- _Action item_: Find the line with "set_param key value ((k, v)" in the entries below, then reproduce it and every line after it down to and including the line with "pub mod NetworkPolicies", exactly.

- _Records_:
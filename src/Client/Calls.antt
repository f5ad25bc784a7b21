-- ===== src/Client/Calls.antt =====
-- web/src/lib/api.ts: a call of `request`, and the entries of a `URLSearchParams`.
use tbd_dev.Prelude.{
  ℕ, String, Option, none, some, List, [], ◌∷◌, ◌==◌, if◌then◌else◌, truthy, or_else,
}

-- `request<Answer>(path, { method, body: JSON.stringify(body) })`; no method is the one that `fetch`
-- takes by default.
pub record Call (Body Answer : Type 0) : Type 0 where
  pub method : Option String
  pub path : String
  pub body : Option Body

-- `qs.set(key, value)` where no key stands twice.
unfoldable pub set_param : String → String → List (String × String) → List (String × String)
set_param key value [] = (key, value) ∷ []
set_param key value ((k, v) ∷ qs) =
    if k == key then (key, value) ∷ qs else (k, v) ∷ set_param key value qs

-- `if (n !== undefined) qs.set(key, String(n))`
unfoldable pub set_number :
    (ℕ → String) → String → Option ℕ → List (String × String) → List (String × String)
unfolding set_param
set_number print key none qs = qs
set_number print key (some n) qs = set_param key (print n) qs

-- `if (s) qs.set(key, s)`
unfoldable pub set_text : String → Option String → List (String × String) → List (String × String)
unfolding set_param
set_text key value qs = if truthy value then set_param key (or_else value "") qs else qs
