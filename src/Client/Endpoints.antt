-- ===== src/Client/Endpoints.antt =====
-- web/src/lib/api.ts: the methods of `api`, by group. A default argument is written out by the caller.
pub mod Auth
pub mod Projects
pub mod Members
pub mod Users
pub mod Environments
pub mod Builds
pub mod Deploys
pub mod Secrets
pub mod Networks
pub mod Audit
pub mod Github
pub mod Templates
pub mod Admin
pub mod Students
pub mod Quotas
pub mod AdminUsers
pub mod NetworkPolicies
--
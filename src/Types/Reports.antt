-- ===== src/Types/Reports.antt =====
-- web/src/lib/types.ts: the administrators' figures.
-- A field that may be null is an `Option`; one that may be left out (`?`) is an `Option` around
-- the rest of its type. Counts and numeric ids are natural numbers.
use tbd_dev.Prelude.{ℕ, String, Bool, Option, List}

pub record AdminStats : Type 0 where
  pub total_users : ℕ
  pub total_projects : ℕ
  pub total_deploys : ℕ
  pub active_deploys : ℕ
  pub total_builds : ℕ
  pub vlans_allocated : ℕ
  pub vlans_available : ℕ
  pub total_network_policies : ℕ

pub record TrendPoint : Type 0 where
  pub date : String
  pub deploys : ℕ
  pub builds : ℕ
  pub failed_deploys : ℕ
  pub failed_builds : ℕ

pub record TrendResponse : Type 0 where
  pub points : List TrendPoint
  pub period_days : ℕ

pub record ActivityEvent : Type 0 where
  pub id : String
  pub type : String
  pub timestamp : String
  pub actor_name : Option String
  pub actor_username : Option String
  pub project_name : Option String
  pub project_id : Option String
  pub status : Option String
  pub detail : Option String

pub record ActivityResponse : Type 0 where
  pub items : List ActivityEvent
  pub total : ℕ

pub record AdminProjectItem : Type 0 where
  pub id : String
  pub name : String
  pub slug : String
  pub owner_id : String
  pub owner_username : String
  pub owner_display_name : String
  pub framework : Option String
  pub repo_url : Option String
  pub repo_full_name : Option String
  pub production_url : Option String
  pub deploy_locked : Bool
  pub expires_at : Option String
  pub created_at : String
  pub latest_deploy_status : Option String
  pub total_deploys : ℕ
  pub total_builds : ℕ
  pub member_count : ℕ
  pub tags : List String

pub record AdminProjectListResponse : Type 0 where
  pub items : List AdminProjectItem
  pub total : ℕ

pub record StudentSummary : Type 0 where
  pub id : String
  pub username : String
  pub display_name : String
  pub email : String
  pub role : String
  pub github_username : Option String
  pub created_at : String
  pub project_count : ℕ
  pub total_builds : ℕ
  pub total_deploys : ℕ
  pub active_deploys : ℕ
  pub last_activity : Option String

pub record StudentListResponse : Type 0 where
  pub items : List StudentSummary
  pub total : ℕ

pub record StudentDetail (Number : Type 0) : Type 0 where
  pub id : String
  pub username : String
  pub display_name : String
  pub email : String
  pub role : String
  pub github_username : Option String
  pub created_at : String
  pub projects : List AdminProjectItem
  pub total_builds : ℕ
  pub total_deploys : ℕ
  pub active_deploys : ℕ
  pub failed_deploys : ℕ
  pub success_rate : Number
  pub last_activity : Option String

- _Task answer_:
set_param key value ((k, v) ∷ qs) =
    if k == key then (key, value) ∷ qs else (k, v) ∷ set_param key value qs

-- `if (n !== undefined) qs.set(key, String(n))`
unfoldable pub set_number :
    (ℕ → String) → String → Option ℕ → List (String × String) → List (String × String)
unfolding set_param
set_number print key none qs = qs
set_number print key (some n) qs = set_param key (print n) qs

-- `if (s) qs.set(key, s)`
unfoldable pub set_text : String → Option String → List (String × String) → List (String × String)
unfolding set_param
set_text key value qs = if truthy value then set_param key (or_else value "") qs else qs
filename src/Client/Endpoints.antt
-- ===== src/Client/Endpoints.antt =====
-- web/src/lib/api.ts: the methods of `api`, by group. A default argument is written out by the caller.
pub mod Auth
pub mod Projects
pub mod Members
pub mod Users
pub mod Environments
pub mod Builds
pub mod Deploys
pub mod Secrets
pub mod Networks
pub mod Audit
pub mod Github
pub mod Templates
pub mod Admin
pub mod Students
pub mod Quotas
pub mod AdminUsers
pub mod NetworkPolicies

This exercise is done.